Attach a shell to existing pod
If you run the above command, exit and want to re-attach to this shell without deleting the pod.
$ kubectl run -it curlshell -- /bin/sh
Exposing this service
Now you could expose the service by simply load balancing all the nodes in an nginx pool. Or you could use an ingress controller and a k8s approved load balancing service.
Delete deployment
Now delete them, note the different names.
$ kubectl delete service flask-boilerplate
$ kubectl delete deployment flask-boilerplate
$ kubectl delete namespace flask-boilerplate
See also
Service
- Everything that listens and you want to access should have a Service definition.
- To only be available internally in your service mesh a ClusterIP type Service definition is enough.

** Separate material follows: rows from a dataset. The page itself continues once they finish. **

-- ===== src/Encoder/Tests.antt =====
-- The encoder of ext/raygun/raygun_encoder.c on concrete commands.
use raygun_apm_ruby.Base.{ℕ, ◌+◌, ◌≡◌, arith, List, [], ◌∷◌, some, pos, negsuc}
use raygun_apm_ruby.Base.{length, replicate, length-replicate}
use raygun_apm_ruby.Memory.{◌>>=◌}
use raygun_apm_ruby.Protocol.{
  EncodedString, VariableInfo, vt_string, Method, Thread, begin, end, sql, Sql, scratch_buffer_size,
  exception_thrown, end_transaction, process_ended, process_frequency, process_type,
  begin_transaction, thread_started, thread_ended,
}
use raygun_apm_ruby.Protocol.Valid.{IsString, IsVariable}
use raygun_apm_ruby.Encoder.Size.{rg_encode_size}
use raygun_apm_ruby.Encoder.Wire.{body_bytes, command_bytes}
use raygun_apm_ruby.Encoder.Bounds.{encode_size-body}
use raygun_apm_ruby.Encoder.Emit.{
  Context, Sink, rg_begin, rg_end, rg_process_frequency, rg_begin_transaction, rg_end_transaction,
  rg_process_type, rg_process_ended, rg_thread_started, rg_thread_ended, rg_exception_thrown,
  rg_methodinfo,
}
use raygun_apm_ruby.Encoder.Emit.Delivery.{
  Delivers, delivered, encoded, methodinfo_of, begin_end-Delivers, boundaries-Deliver,
  rg_methodinfo-Delivers, threads-Deliver,
}

-- A sink that keeps the sizes it was called with.
abbrev counting : Sink (List ℕ)
counting ctx sizes event n = some (1, n ∷ sizes)

abbrev scratch : Context
scratch = record { pid = 7; buf = replicate 32768 0 }

scratch_size : length scratch.buf ≡ scratch_buffer_size
scratch_size = length-replicate {A = ℕ} 32768 0

abbrev word : EncodedString
word = record { encoding = 1; length = 2; string = 104 ∷ 105 ∷ 0 ∷ [] }

word-IsString : IsString word
word-IsString = record { in_array = omega arith; array = omega arith }

abbrev answer : VariableInfo
answer = record { length = 2; name_length = 1; name = 114 ∷ []; value = vt_string word }

answer-IsVariable : IsVariable answer
answer-IsVariable = record {
  name_in_array = omega arith;
  name_array = omega arith;
  value = word-IsString;
}

abbrev query : Sql
query = record { provider = word; host = word; database = word; query = word; duration = 1000 }

encode_size-body_example : rg_encode_size (sql query) ≡ 19 + length (body_bytes (sql query))
encode_size-body_example =
    encode_size-body (sql query) (word-IsString, word-IsString, word-IsString, word-IsString)
      (λ e. cc)

begin_end-Delivers_example :
    Delivers scratch 5 3
      (begin (record { function_id = 9; instance_id = 77; argc = 0 }))
      counting
      []
      (rg_begin counting scratch [] 5 3 9 77)
    × Delivers scratch 5 3
        (end (record { function_id = 9; tail_call = 0; returnvalue = answer }))
        counting
        []
        (rg_end counting scratch [] 5 3 9 answer)
begin_end-Delivers_example =
    begin_end-Delivers counting scratch [] 5 3 9 77 answer answer-IsVariable scratch_size

boundaries-Deliver_example :
    Delivers scratch 5 3
      (begin_transaction (record { api_key = word; technology_type = word; process_type = word }))
      counting
      []
      (rg_begin_transaction counting scratch [] 5 3 word word word)
    × Delivers scratch 5 3
        (process_type (record { technology_type = word; process_type = word }))
        counting
        []
        (rg_process_type counting scratch [] 5 3 word word)
    × Delivers scratch 5 3
        (exception_thrown (record { exception_id = 8; class_name = word; correlation_id = word }))
        counting
        []
        (rg_exception_thrown counting scratch [] 5 3 8 word word)
    × Delivers scratch 5 3
        (process_frequency (record { frequency = 1000000 }))
        counting
        []
        (rg_process_frequency counting scratch [] 5 3 1000000)
    × Delivers scratch 5 3 end_transaction counting [] (rg_end_transaction counting scratch [] 5 3)
    × Delivers scratch 5 3 process_ended counting [] (rg_process_ended counting scratch [] 5 3)
boundaries-Deliver_example =
    boundaries-Deliver counting scratch [] 5 3 word word word 1000000 8 word-IsString word-IsString
      word-IsString scratch_size

abbrev a_method : Method
a_method = record { function_id = 9; encoded_size = 0; encoded = []; source = 0; name = [] }

rg_methodinfo-Delivers_example :
    let d = methodinfo_of a_method word word in
    rg_methodinfo counting scratch [] 5 3 a_method word word ≡ (
      counting
        (encoded scratch 5 3 d)
        []
        (some (delivered scratch 5 3 d))
        (19 + length (body_bytes d))
      >>= λ r. some (
        r.0,
        r.1,
        encoded scratch 5 3 d,
        record a_method {
          encoded_size = 19 + length (body_bytes d);
          encoded = command_bytes (delivered scratch 5 3 d);
        },
      ))
rg_methodinfo-Delivers_example =
    rg_methodinfo-Delivers counting scratch [] 5 3 a_method word word word-IsString word-IsString
      scratch_size

abbrev a_thread : Thread
a_thread = record {
  tid = 2;
  parent_tid = 1;
  shadow_top = negsuc 0;
  vm_top = negsuc 0;
  level_deep_into_third_party_lib = pos 0;
  shadow_stack = replicate 256 0;
}

threads-Deliver_example :
    Delivers scratch 5 2
      (thread_started (record { parent_tid = 1 }))
      counting
      []
      (rg_thread_started counting scratch [] 5 a_thread)
    × Delivers scratch 5 2 thread_ended counting [] (rg_thread_ended counting scratch [] 5 2)
threads-Deliver_example = threads-Deliver counting scratch [] 5 a_thread scratch_size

- NodePort is a service type that binds a port on the host node to your service.
- Only things that you aim to expose outwards should have a Service definition of type NodePort.

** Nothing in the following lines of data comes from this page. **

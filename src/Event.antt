-- ===== src/Event.antt =====
-- Events as the Ruby library sees them (ext/raygun/raygun_event.c): attributes set and read by name,
-- and the encoding of an event.
pub mod Slots
pub mod Attributes
pub mod Encoded
pub mod RoundTrip
pub mod Numbers
mod Tests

- NodePort services automatically are assigned a high port like 32000 on the host node.
- In my setup it only makes sense to expose my ingress controller as a NodePort Service.
- You can deploy a Service object the same way as shown above.
Ingress
- Ingress is used to assign HTTP routes or host headers to specific services inside your cluster.
- The ingress controller is often the only service listening externally on each node through a NodePort service.
- ingress-nginx is the ingress controller I use, best for HTTP services.
- Traefik is another TCP proxy that can act as ingress controller for other protocols than HTTP.
- An ingress definition defines how the controller should recognize the incoming traffic and route it to the correct service.
- Ingress controller does not require any special load balancer like MetalLB.
- Any basic kubernetes cluster should consist of an ingress controller and hide its services behind it.
Access control
RBAC
- This is Role Based Access Control.
- One common use is to generate users and tokens for CI/CD jobs that need to deploy services to a cluster.
CI/CD Access tokens
- The recommended method would be to use the admin role in a specific namespace.
- That token would have full access to everything inside that namespace.
See also on Access Control
Upgrading
- So far I've had great success with the official kubenetes upgrade docs.
- Would highly recommend having a staging cluster to test upgrades on.
- I lock all the kubernetes packages to a specific version so they're not accidentally upgraded.